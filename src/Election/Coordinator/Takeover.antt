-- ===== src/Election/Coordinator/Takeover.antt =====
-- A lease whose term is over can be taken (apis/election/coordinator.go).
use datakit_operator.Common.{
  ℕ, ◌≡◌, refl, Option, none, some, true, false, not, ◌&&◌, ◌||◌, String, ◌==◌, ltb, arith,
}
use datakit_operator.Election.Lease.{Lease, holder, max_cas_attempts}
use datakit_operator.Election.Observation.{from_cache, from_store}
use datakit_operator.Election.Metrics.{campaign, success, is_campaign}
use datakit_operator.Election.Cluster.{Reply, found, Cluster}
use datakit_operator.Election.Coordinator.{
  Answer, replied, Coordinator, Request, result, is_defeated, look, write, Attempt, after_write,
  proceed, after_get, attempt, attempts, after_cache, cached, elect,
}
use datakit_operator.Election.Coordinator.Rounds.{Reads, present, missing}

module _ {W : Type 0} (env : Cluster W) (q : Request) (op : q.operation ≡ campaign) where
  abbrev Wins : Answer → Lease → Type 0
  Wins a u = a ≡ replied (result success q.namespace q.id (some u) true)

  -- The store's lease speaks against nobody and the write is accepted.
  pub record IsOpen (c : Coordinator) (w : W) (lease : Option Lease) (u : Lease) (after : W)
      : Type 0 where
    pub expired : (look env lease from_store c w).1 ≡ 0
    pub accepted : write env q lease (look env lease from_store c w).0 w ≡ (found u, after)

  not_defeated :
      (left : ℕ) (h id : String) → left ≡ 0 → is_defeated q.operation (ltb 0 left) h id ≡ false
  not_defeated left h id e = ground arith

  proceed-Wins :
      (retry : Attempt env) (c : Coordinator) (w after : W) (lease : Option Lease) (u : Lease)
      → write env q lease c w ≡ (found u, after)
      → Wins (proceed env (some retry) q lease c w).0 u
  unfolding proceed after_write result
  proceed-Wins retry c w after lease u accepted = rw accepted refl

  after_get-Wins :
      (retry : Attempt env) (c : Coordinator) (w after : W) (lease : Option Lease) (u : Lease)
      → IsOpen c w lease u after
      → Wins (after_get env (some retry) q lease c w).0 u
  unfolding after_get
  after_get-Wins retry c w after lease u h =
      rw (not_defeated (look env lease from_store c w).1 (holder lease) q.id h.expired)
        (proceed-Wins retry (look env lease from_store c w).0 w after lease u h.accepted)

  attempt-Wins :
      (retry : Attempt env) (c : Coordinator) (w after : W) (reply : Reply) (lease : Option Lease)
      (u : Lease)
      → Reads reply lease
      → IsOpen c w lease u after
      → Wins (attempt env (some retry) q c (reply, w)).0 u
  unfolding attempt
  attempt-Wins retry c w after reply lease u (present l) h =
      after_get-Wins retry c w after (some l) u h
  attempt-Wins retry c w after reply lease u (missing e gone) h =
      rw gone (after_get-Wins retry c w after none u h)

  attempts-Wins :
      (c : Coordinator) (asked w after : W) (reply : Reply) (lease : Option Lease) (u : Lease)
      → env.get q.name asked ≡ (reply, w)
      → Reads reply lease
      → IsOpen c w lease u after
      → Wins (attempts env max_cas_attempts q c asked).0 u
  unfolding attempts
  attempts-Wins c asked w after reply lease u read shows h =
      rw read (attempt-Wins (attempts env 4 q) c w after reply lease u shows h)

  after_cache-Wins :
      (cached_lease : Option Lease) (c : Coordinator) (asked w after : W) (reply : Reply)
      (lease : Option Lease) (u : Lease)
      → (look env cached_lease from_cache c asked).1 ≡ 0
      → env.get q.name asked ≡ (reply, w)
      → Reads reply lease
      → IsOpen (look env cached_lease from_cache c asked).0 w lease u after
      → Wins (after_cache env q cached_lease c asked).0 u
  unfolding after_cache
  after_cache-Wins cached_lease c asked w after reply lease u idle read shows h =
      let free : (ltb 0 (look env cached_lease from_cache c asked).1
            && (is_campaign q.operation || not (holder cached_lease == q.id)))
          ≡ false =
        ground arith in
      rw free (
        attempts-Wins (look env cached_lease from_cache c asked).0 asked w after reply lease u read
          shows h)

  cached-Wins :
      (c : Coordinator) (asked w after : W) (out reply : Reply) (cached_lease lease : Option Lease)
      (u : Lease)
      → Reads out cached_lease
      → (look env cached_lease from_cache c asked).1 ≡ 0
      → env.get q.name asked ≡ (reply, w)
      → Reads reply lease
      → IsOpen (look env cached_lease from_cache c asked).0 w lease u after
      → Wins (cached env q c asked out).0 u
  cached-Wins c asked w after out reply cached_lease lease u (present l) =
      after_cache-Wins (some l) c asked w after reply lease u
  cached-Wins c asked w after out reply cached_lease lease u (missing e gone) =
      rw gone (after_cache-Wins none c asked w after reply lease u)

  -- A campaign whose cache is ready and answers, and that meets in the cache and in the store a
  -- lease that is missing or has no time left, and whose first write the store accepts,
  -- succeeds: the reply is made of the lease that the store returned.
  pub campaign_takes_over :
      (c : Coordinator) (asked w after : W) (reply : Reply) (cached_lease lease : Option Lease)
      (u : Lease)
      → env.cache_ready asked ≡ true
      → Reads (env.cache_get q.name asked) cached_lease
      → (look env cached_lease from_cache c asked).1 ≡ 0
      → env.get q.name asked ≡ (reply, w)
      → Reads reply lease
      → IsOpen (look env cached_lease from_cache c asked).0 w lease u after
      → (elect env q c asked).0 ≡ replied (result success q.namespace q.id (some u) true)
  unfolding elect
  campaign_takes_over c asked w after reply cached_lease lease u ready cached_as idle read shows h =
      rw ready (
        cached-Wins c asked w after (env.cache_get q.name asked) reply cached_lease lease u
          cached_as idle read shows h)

....................

Return each line above where the word "Takeover" shows up.

▸ **Written response**
filename src/Election/Coordinator/Takeover.antt
-- ===== src/Election/Coordinator/Takeover.antt =====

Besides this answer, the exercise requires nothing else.